[Opening SUPPLIED MATERIAL section]
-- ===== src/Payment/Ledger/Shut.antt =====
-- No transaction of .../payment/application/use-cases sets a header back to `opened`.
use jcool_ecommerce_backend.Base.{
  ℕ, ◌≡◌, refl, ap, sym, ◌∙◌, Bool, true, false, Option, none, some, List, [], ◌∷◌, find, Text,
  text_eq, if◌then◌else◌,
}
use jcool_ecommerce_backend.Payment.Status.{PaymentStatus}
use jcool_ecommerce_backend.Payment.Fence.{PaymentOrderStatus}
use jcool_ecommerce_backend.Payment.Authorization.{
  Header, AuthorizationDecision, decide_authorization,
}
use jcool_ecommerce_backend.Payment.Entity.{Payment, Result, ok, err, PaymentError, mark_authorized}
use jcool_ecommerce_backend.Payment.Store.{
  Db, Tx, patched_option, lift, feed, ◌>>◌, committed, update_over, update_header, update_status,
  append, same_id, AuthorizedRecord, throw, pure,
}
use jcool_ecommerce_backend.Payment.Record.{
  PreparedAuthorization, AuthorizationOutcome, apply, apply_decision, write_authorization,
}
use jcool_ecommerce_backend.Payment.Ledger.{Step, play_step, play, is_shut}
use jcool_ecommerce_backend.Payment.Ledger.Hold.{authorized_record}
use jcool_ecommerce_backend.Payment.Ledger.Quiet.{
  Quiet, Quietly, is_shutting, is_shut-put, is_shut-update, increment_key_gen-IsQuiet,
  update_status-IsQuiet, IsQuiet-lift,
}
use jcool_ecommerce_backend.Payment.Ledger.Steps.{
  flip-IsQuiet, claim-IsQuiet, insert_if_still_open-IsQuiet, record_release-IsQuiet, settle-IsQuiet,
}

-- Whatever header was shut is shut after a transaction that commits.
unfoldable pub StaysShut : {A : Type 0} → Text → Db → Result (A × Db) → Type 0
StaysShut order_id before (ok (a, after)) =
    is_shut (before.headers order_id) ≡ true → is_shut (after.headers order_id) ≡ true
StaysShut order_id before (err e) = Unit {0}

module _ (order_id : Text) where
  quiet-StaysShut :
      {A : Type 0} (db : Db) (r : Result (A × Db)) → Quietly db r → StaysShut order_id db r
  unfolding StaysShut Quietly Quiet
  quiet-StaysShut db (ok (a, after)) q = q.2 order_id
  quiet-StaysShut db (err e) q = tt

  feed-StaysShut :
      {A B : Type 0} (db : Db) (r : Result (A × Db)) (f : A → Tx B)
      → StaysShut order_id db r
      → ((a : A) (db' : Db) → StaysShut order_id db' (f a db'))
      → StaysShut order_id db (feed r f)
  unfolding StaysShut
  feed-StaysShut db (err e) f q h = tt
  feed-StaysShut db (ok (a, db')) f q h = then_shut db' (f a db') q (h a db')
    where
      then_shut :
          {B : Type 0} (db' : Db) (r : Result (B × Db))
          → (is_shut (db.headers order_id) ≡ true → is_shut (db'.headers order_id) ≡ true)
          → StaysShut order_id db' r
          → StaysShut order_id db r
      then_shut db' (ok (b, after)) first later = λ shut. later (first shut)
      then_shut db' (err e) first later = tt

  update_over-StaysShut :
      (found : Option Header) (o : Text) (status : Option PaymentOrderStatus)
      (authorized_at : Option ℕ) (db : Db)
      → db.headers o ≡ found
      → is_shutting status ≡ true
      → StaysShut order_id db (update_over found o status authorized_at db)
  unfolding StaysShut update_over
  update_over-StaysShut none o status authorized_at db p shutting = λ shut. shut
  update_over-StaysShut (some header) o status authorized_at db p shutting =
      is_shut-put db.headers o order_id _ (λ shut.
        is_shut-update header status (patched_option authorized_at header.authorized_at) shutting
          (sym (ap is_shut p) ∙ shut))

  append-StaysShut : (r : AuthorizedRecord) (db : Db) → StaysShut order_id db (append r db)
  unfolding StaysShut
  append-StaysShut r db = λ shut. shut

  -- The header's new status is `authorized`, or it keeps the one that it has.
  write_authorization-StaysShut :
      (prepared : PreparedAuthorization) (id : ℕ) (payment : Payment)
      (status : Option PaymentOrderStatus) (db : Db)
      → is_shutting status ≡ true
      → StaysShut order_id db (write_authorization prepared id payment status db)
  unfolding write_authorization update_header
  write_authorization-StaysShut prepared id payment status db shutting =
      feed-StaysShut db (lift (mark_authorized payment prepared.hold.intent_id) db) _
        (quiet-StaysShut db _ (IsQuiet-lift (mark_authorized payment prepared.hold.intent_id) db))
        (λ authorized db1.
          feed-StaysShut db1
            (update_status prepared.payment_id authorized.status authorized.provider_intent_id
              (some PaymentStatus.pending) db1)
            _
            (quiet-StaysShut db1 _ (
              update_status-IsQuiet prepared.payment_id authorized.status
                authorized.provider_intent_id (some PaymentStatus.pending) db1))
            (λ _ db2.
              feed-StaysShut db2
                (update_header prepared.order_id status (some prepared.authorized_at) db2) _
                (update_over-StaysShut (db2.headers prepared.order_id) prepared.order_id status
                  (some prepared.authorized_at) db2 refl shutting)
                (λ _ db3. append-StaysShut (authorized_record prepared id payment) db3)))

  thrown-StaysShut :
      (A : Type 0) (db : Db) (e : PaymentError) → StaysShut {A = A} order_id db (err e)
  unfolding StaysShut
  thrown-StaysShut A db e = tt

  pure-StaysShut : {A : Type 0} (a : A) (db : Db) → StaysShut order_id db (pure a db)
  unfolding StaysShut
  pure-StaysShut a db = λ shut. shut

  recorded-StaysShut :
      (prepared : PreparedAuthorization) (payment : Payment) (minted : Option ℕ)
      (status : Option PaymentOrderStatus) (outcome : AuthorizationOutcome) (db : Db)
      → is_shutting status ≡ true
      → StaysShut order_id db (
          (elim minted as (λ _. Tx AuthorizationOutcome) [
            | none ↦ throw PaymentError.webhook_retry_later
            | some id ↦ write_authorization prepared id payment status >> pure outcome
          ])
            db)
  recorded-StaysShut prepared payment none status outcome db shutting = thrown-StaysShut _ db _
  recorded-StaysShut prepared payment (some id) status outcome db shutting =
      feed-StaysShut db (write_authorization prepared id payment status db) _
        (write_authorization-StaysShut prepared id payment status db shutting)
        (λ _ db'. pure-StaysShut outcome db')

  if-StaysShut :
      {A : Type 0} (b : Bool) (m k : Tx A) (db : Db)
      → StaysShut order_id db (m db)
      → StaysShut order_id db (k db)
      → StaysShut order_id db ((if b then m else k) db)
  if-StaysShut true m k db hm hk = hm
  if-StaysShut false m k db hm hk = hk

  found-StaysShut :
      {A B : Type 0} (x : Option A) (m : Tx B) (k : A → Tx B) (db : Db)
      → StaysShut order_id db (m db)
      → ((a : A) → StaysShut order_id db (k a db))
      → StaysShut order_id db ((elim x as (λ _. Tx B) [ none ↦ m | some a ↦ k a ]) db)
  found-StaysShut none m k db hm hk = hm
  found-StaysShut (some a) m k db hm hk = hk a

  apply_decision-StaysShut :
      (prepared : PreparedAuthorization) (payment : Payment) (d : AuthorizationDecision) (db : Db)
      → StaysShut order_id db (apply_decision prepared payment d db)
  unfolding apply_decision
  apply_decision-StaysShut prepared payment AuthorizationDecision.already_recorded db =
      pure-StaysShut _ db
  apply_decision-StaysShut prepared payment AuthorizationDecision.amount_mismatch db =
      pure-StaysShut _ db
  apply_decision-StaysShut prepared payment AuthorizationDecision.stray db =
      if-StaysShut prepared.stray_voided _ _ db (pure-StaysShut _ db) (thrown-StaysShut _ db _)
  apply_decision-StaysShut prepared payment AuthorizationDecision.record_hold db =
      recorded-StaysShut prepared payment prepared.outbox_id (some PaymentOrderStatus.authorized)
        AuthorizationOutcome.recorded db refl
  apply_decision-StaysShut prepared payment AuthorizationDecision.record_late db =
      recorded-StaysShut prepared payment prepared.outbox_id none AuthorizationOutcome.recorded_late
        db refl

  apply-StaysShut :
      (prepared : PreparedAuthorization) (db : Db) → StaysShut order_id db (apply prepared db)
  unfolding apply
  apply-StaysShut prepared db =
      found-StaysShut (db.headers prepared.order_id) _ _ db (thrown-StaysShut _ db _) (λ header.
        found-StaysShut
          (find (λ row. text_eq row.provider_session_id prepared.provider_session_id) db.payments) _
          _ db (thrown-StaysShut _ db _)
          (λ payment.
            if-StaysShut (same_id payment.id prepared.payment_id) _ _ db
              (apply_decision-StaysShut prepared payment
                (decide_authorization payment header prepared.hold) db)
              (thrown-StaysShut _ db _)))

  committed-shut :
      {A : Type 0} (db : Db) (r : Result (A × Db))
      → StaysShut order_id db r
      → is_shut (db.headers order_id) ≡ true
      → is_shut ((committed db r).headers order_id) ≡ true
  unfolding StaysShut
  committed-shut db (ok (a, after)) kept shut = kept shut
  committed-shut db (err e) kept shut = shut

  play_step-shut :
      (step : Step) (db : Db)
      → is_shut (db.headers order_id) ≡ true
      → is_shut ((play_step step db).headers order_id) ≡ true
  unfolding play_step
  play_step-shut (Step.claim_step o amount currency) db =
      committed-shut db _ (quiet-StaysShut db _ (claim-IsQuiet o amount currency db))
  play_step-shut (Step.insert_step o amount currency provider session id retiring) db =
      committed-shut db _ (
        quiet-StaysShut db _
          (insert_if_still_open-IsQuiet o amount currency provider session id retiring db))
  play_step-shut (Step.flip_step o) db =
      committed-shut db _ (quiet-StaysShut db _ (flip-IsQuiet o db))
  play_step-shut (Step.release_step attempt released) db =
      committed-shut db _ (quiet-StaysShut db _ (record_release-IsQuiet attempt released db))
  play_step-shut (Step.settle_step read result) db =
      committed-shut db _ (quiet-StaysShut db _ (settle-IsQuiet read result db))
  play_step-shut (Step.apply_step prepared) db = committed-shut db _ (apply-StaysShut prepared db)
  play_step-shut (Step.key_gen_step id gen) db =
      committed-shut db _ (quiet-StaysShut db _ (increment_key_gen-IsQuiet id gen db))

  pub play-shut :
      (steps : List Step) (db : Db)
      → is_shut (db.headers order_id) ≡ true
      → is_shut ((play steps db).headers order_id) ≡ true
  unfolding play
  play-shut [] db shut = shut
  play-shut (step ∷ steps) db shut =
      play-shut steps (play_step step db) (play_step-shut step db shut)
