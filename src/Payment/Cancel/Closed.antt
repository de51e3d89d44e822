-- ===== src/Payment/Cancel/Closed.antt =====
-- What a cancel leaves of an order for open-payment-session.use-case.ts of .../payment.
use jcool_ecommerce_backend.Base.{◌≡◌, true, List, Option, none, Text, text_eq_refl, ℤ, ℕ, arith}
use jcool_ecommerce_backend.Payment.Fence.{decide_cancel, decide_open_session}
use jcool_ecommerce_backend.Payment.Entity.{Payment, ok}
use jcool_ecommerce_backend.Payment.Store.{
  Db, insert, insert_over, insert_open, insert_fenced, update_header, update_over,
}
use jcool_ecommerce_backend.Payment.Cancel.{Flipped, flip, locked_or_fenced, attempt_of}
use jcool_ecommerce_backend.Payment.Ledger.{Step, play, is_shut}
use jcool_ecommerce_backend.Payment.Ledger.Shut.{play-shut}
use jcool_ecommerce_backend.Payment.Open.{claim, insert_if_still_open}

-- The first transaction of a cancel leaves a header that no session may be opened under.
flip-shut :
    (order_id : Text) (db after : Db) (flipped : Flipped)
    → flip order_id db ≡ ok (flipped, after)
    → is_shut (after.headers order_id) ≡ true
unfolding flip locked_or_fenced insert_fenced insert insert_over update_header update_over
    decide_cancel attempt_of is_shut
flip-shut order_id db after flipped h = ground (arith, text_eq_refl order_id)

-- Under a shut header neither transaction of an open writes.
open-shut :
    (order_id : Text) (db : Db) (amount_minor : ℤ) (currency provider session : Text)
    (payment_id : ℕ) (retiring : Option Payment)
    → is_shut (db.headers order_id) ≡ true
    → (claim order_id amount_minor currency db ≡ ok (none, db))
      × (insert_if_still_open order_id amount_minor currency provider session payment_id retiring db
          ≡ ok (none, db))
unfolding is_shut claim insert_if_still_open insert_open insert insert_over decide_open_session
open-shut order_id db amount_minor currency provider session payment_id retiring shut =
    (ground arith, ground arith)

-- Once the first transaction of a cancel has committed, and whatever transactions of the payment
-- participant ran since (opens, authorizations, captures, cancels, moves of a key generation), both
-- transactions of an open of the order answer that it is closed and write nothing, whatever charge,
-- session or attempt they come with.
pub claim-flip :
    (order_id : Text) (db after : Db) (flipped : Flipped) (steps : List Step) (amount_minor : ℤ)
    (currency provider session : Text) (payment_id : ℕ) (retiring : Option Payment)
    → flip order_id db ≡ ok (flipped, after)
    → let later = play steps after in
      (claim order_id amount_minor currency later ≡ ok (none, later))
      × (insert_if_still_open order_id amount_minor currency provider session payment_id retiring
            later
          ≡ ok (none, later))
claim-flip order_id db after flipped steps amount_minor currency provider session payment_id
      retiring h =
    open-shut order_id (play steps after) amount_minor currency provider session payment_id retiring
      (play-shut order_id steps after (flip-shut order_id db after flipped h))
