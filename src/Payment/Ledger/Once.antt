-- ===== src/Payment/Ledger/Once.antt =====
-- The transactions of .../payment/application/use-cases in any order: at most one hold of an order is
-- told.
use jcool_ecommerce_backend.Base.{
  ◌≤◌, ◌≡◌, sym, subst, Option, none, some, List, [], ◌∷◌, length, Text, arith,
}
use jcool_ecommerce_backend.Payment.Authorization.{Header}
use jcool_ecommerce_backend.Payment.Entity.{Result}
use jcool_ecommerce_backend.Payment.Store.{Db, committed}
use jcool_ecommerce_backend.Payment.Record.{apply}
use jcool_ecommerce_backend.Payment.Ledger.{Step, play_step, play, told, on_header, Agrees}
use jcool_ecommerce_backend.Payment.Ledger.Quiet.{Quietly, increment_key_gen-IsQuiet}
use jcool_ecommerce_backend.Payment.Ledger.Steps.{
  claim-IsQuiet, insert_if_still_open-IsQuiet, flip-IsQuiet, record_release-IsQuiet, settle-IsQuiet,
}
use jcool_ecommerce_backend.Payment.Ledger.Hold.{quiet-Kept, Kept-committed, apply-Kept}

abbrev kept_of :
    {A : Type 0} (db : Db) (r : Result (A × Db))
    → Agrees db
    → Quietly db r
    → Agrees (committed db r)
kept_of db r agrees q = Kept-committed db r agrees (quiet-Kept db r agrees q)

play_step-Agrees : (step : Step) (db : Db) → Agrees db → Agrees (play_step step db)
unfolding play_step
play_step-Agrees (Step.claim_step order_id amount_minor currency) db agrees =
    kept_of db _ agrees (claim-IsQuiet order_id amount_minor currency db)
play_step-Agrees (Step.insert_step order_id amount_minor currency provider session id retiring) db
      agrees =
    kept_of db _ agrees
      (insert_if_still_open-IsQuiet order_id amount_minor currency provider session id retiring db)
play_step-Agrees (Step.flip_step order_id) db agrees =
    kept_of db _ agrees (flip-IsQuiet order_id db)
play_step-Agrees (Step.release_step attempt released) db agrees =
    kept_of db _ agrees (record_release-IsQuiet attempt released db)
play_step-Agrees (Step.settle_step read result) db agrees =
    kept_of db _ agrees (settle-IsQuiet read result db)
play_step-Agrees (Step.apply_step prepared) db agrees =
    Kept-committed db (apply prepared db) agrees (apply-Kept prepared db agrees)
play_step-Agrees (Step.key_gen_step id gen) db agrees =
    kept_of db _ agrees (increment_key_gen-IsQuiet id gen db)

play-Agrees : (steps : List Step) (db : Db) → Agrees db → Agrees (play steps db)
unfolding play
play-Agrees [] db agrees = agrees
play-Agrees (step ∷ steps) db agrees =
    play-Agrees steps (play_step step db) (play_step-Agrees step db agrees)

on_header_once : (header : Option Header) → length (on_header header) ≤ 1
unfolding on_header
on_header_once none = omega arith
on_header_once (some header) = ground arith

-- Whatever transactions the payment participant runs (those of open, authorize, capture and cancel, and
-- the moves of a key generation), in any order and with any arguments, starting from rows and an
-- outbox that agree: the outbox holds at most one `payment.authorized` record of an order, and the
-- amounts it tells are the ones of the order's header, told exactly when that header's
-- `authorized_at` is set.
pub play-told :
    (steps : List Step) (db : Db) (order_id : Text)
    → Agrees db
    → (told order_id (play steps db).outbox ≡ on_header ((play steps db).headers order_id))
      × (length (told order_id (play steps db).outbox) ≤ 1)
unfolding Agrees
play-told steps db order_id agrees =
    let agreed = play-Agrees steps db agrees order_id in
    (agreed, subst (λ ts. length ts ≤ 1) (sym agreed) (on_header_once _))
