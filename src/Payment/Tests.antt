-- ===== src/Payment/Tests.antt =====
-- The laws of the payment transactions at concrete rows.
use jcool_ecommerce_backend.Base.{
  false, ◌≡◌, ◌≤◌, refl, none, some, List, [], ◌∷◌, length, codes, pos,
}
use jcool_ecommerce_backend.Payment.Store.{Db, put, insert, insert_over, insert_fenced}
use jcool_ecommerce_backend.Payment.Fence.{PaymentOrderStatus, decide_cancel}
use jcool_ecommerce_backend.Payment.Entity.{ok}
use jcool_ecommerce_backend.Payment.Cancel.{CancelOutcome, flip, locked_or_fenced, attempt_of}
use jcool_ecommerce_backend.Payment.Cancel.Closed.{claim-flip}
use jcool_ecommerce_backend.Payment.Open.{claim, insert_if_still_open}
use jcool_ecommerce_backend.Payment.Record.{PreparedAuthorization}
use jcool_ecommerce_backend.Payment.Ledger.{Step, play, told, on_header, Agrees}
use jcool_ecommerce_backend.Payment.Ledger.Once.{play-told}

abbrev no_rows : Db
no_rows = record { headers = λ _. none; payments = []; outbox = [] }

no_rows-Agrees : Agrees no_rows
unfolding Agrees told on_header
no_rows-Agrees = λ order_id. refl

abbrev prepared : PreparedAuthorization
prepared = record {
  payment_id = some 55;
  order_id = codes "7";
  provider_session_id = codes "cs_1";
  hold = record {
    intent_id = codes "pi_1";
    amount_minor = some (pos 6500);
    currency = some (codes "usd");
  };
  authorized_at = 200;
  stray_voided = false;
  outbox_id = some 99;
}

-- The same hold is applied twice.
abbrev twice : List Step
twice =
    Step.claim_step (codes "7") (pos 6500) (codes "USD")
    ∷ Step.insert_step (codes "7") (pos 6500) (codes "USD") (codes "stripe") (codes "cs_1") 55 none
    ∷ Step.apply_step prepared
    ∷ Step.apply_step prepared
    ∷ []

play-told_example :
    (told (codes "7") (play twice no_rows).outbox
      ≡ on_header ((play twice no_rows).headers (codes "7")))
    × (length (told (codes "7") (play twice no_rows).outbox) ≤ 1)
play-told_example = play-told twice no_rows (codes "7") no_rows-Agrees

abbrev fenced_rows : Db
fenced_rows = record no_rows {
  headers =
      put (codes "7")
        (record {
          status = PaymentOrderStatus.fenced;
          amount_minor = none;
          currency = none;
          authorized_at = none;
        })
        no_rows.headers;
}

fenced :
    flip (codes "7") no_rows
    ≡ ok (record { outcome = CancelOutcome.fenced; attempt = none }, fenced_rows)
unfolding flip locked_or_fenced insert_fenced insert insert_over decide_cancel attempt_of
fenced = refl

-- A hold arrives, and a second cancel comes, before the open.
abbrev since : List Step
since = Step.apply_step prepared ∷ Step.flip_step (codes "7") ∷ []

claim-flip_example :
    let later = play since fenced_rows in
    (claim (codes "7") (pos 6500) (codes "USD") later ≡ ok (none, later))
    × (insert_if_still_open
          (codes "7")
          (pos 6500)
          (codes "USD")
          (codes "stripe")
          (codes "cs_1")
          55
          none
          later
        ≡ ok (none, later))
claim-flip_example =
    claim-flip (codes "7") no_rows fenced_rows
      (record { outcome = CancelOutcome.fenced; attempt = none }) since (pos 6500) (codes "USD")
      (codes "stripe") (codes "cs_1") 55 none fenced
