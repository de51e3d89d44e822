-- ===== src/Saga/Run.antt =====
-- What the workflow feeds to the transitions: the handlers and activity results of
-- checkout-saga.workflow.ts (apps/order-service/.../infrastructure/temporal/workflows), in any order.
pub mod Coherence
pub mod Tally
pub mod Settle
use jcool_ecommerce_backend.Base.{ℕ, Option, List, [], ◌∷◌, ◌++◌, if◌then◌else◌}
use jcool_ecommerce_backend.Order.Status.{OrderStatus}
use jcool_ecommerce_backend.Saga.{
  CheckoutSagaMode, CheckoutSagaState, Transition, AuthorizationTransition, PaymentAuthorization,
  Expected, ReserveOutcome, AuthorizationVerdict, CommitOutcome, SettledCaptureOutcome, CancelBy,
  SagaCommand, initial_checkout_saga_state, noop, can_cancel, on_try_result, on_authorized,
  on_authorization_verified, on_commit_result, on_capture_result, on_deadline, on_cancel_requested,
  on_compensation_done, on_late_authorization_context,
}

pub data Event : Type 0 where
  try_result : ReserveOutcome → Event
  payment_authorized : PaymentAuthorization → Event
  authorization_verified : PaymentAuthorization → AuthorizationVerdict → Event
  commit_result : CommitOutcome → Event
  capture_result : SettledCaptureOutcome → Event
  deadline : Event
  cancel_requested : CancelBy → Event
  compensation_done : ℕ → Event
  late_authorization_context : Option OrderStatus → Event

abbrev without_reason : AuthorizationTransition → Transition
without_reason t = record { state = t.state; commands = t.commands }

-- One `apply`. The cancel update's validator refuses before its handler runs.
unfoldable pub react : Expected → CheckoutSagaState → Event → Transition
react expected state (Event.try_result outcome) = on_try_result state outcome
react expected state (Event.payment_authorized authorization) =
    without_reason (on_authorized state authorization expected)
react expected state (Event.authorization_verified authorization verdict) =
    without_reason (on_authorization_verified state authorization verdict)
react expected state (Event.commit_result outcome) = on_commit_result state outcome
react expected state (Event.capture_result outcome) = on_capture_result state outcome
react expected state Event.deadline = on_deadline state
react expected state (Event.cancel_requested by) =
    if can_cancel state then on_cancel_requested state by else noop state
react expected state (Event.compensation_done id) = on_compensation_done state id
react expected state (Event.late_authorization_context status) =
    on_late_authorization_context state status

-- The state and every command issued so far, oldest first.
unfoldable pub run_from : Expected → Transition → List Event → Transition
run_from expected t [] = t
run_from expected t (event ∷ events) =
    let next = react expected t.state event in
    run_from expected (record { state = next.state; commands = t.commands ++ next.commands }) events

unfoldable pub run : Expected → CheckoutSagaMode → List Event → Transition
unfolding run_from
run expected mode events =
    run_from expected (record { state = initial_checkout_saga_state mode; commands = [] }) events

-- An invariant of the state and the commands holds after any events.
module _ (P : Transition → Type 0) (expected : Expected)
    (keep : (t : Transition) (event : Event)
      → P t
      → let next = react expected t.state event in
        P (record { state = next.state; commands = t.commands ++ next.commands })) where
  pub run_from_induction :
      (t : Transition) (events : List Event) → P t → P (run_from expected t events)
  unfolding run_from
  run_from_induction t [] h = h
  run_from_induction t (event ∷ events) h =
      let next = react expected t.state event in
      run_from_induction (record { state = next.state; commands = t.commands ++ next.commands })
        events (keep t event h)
[Closing SUPPLIED MATERIAL section]
_ASSIGNED TASK_.
With the line holding "on_late_authorization_context state status" as the first and the line holding "run expected mode" as the last, set down that range of the entries above exactly, and nothing else.

_ANSWER AREA_.
    on_late_authorization_context state status

-- The state and every command issued so far, oldest first.
unfoldable pub run_from : Expected → Transition → List Event → Transition
run_from expected t [] = t
run_from expected t (event ∷ events) =
    let next = react expected t.state event in
    run_from expected (record { state = next.state; commands = t.commands ++ next.commands }) events

unfoldable pub run : Expected → CheckoutSagaMode → List Event → Transition
unfolding run_from
run expected mode events =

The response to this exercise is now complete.